时间:2016-01-12 09:38:32

标签: machine-learning artificial-intelligence data-mining text-mining information-retrieval

我是这个领域的新手,并且非常热衷于发展我的知识。但是在阅读一篇研究论文时,我有几个疑问,其中说:

All the nouns are extracted from the given biomedical text document and a term co-occurrence graph (TCG) is built from these terms. The term co-occurrence graph represents the knowledge of the system.The TCG is treated as the background knowledge of the systems and is used for query expansion of the input query.

The TCG is queried for the semantic context of closure (SCC) of the given input query term.

闭包的这个语义上下文(SCC)是什么?

在现有co-occurrence graphs上使用这些searching engines有什么好处。搜索引擎是否也使用这些图表?

即使有人为这些话题提供了一些资源,我也会很高兴。

1 个答案:

答案 0 :(得分:0)

Co-occurrence is just a way to record how words relate to each other given a corpus of text. If 'pain' and 'broken' occurs in the same document then a link is recorded, typically in a sparse matrix where columns and rows are words/tokens/terms. An entry in the matrix represents the actual relation between the two words. A co-occurrence could be recorded as a 1, or if the frequency of co-occurrence is important you can increment it by one for every co-occurrence, or do that in addition to a transformation which scales the strength between the co-occurrence.

Search engines in general are huge beasts, with even huger bags of tricks. Co-occurrance is just one trick of many which search engines employ, PageRank is another, but a vastly more important one.

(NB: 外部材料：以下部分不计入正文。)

-- ===== src/Render/Html.antt =====
-- The nodes of golang.org/x/net/html that the sanitizer meets, and the code that it calls.
use open_blog.Base.{ℕ, Bool, Text, String, Option, List}

pub record Attr : Type 0 where
  pub namespace : Text
  pub key : Text
  pub val : Text

mutual
  -- `other` is a comment, a doctype or a document node.
  pub data Node : Type 0 where
    text : Text → Node
    element : String → List Attr → Nodes → Node
    other : Nodes → Node

  pub data Nodes : Type 0 where
    nil : Nodes
    cons : Node → Nodes → Nodes

abbrev pub append : Nodes → Nodes → Nodes
append nil ms = ms
append (cons n ns) ms = cons n (append ns ms)

-- The parts of a `url.URL` that the sanitizer reads.
pub record Url : Type 0 where
  pub scheme : Text
  pub host : Text

-- `goldmark.Markdown.Convert`, `html.Parse`, `html.Render` of the children of the `div`, `url.Parse`,
-- the lower case of the code points above ASCII, the Boolean that a JSON object holds under
-- "allow_external_images", and a text as `jsonb` writes it, if it is JSON. Each of the first four may fail.
pub record External : Type 0 where
  pub convert : Text → Option Text
  pub parse : Text → Option Node
  pub print : Nodes → Option Text
  pub parse_url : Text → Option Url
  pub lower_table : ℕ → ℕ
  pub allow_external_images : Text → Option Bool
  pub to_jsonb : Text → Option Text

The advantage of co-occurance is that it is very simple, and you can use it on pure text and you can apply fast matrix operations on them. Things like PageRank might require that you have other features like hyperlinks. Research papers have something similar which could be used with a sort of PageRank algorithm, which is references. However, if you're interested in the tokens inside the text it doesn't really help you.

With regard to "semantic context of closure", I'm not entirely sure what they are referring to. I'd venture to think it means that given a term or sentence or what have you, you go into the graph/network generated by co-occurance to find other related terms. If we had co-occurance between 'broken' and 'hurt' and between 'pain' and 'hurt', if we get presented with the word 'pain' the closure would return all three words. But this is just my hunch. I'd have to read the paper to understand it in-context.